**Task brief:** When "failed" occurs in a line of the material, copy that line.

**Data section:**
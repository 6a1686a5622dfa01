-- ===== src/Lock/Commands.antt =====
-- The commands of Redis that server/storelock.go sends, and what their documentation says of them.
use mokey.Base.{
  Bool, Option, String, false, if◌then◌else◌, ltb, none, some, string_eq, true, ℕ, ◌+◌, ◌==◌, ◌≡◌,
  ◌≢◌, ◌≤◌, ◌⊎◌,
}

-- `set_nx` replies whether it has set the key, `eval` runs a script alone; none and false are calls
-- that failed. What a key holds is asked at a time, since it expires.
pub record Redis : Type 1 where
  pub State : Type 0
  pub get : State → ℕ → String → Option String
  pub set_nx : State → ℕ → String → String → ℕ → Option Bool × State
  pub del : State → String → State
  pub eval : State → (State → State) → Bool × State

module _ (redis : Redis) where
  abbrev pub IsKept : redis.State → redis.State → Type 0
  IsKept s s' = (t' : ℕ) (j : String) → redis.get s' t' j ≡ redis.get s t' j

  -- The key was free and is set for as long as its time to live.
  abbrev pub IsTaken : redis.State → redis.State → ℕ → String → String → ℕ → Type 0
  IsTaken s s' t k token ttl =
      (redis.get s t k ≡ none)
      × ((t' : ℕ) (j : String)
          → redis.get s' t' j ≡ (
              if k == j then (if ltb t' (t + ttl) then some token else none) else redis.get s t' j))

  -- A call that failed may have been carried out.
  pub record IsRedis : Type 0 where
    pub expires :
        (s : redis.State) (t t' : ℕ) (k x : String)
        → t ≤ t'
        → redis.get s t' k ≡ some x
        → redis.get s t k ≡ some x
    pub won :
        (s : redis.State) (t : ℕ) (k x : String) (ttl : ℕ)
        → (redis.set_nx s t k x ttl).0 ≡ some true
        → IsTaken s (redis.set_nx s t k x ttl).1 t k x ttl
    pub lost :
        (s : redis.State) (t : ℕ) (k x : String) (ttl : ℕ)
        → (redis.set_nx s t k x ttl).0 ≡ some false
        → (redis.get s t k ≢ none) × IsKept s (redis.set_nx s t k x ttl).1
    pub fails :
        (s : redis.State) (t : ℕ) (k x : String) (ttl : ℕ)
        → (redis.set_nx s t k x ttl).0 ≡ none
        → IsTaken s (redis.set_nx s t k x ttl).1 t k x ttl ⊎ IsKept s (redis.set_nx s t k x ttl).1
    pub get-del :
        (s : redis.State) (t : ℕ) (k j : String)
        → redis.get (redis.del s k) t j ≡ (if k == j then none else redis.get s t j)
    pub runs :
        (s : redis.State) (script : redis.State → redis.State)
        → ((redis.eval s script).1 ≡ script s) ⊎ ((redis.eval s script).1 ≡ s)
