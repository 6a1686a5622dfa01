-- ===== src/Lock.antt =====
-- server/storelock.go: the lock that the replicas of mokey share through Redis. Redis, whose
-- commands the file sends, is a parameter. Time is in milliseconds.
pub mod Commands
pub mod Wait
pub mod System
pub mod Sound
pub mod Exclusion
mod Tests
use mokey.Base.{
  Bool, Option, String, concat, if◌then◌else◌, ltb, min, none, some, string_eq, suc, zero, ℕ, ◌*◌,
  ◌+◌, ◌==◌,
}
use mokey.Lock.Commands.{Redis}

abbrev pub store_lock_prefix : String
store_lock_prefix = "lock-"

abbrev pub store_lock_ttl : ℕ
store_lock_ttl = 5000

abbrev pub store_lock_wait : ℕ
store_lock_wait = store_lock_ttl + 1000

-- Where a caller of hold stands: before the call, waiting with its token and its deadline, holding
-- the lock since a time, or going on without it.
pub data Holder : Type 0 where
  idle : Holder
  waiting : String → ℕ → Holder
  holding : String → ℕ → Holder
  unlocked : Holder

module _ (redis : Redis) where
  -- storeUnlockScript: compare and delete.
  unfoldable pub store_unlock_script : ℕ → String → String → redis.State → redis.State
  store_unlock_script now key token s = elim (redis.get s now key) [
    | none ↦ s
    | some kept ↦ if kept == token then redis.del s key else s
  ]

  unfoldable pub release : redis.State → ℕ → String → String → Bool × redis.State
  unfolding store_unlock_script
  release s now key token =
      redis.eval s (store_unlock_script now (concat store_lock_prefix key) token)

  -- A turn of acquire's loop, and what hold makes of its return.
  unfoldable pub attempt : redis.State → ℕ → String → String → ℕ → Holder × redis.State
  attempt s now key token deadline =
      let (reply, s') = redis.set_nx s now (concat store_lock_prefix key) token store_lock_ttl in
      (
        elim reply [
          | none ↦ unlocked
          | some ok ↦
              if ok
              then holding token now
              else if ltb deadline now
              then unlocked
              else waiting token deadline
        ],
        s',
      )

  -- acquire's loop: `wake` is when a sleep ends, `others` is what they do meanwhile; none is out of
  -- fuel.
  unfoldable pub acquire_loop :
      (ℕ → ℕ → ℕ)
      → (redis.State → ℕ → ℕ → redis.State)
      → ℕ
      → redis.State
      → ℕ
      → String
      → String
      → ℕ
      → ℕ
      → Option (Holder × redis.State)
  unfolding attempt
  acquire_loop wake others zero s now key token deadline backoff = none
  acquire_loop wake others (suc fuel) s now key token deadline backoff =
      let (turn, s') = attempt s now key token deadline in
      let woken = wake now backoff in
      elim turn [
        | idle ↦ some (idle, s')
        | waiting t d ↦
            acquire_loop wake others fuel (others s' now woken) woken key token deadline
              (min (backoff * 2) 20)
        | holding t since ↦ some (holding t since, s')
        | unlocked ↦ some (unlocked, s')
      ]

  unfoldable pub acquire :
      (ℕ → ℕ → ℕ)
      → (redis.State → ℕ → ℕ → redis.State)
      → ℕ
      → redis.State
      → ℕ
      → String
      → String
      → Option (Holder × redis.State)
  unfolding acquire_loop
  acquire wake others fuel s now key token =
      acquire_loop wake others fuel s now key token (now + store_lock_wait) 2
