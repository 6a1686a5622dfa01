-- ===== src/Lock/System.antt =====
-- The callers of hold on all replicas, interleaved, over one Redis and one key.
use mokey.Base.{
  Bool-cases, Option, String, arith, concat, if◌then◌else◌, inl, inr, nat_eq, none, refl, some, ℕ,
  ◌+◌, ◌<◌, ◌==◌, ◌≡◌, ◌≢◌, ◌≤◌, ◌⊎◌,
}
use mokey.Lock.Commands.{Redis}
use mokey.Lock.{
  Holder, attempt, release, store_lock_prefix, store_lock_wait, holding, idle, store_lock_ttl,
  unlocked, waiting,
}

abbrev pub update : (ℕ → Holder) → ℕ → Holder → ℕ → Holder
update f i h j = if i == j then h else f j

pub update-cases :
    (f : ℕ → Holder) (i : ℕ) (h : Holder) (j : ℕ)
    → ((i ≡ j) × (update f i h j ≡ h)) ⊎ ((i ≢ j) × (update f i h j ≡ f j))
update-cases f i h j = elim (Bool-cases (i == j)) [
  | inl e ↦ inl (ground (arith, e), rw e refl)
  | inr e ↦ inr (ground (arith, e), rw e refl)
]

-- The token of a caller that has drawn one and may still use it.
abbrev pub token_of : Holder → Option String
token_of idle = none
token_of (waiting token deadline) = some token
token_of (holding token since) = some token
token_of unlocked = none

module _ (redis : Redis) (key : String) where
  pub record World : Type 0 where
    pub store : redis.State
    pub now : ℕ
    pub callers : ℕ → Holder

  -- `pass`: time passes, by itself or in a sleep. `draw`: the token is of 16 random bytes, which
  -- nobody else has. `attempts`: a turn of acquire's loop. `releases` and `ends`: what hold has
  -- returned, with the lock and without it.
  pub data Step (w u : World) : Type 0 where
    pass : (t : ℕ) → w.now ≤ t → u ≡ record w { now = t } → Step w u
    draw :
        (i : ℕ) (token : String)
        → w.callers i ≡ idle
        → ((j : ℕ) → token_of (w.callers j) ≢ some token)
        → redis.get w.store w.now (concat store_lock_prefix key) ≢ some token
        → u ≡ record w { callers = update w.callers i (waiting token (w.now + store_lock_wait)) }
        → Step w u
    attempts :
        (i : ℕ) (token : String) (deadline : ℕ)
        → w.callers i ≡ waiting token deadline
        → u ≡ record w {
          store = (attempt redis w.store w.now key token deadline).1;
          callers = update w.callers i (attempt redis w.store w.now key token deadline).0;
        }
        → Step w u
    releases :
        (i : ℕ) (token : String) (since : ℕ)
        → w.callers i ≡ holding token since
        → u ≡ record w {
          store = (release redis w.store w.now key token).1;
          callers = update w.callers i idle;
        }
        → Step w u
    ends :
        (i : ℕ)
        → w.callers i ≡ unlocked
        → u ≡ record w { callers = update w.callers i idle }
        → Step w u

  -- From any content of Redis, with no caller yet.
  pub data Reach (s : redis.State) : World → Type 0 where
    start : (t : ℕ) → Reach s (record { store = s; now = t; callers = λ i. idle })
    later : {w u : World} → Reach s w → Step w u → Reach s u

  -- The caller holds the lock, and took it less than its time to live ago.
  abbrev pub IsHolding : World → ℕ → String → Type 0
  IsHolding w i token =
      (since : ℕ) × (w.callers i ≡ holding token since) × (w.now < since + store_lock_ttl)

**Finished task:**
-- that failed. What a key holds is asked at a time, since it expires.
  -- A call that failed may have been carried out.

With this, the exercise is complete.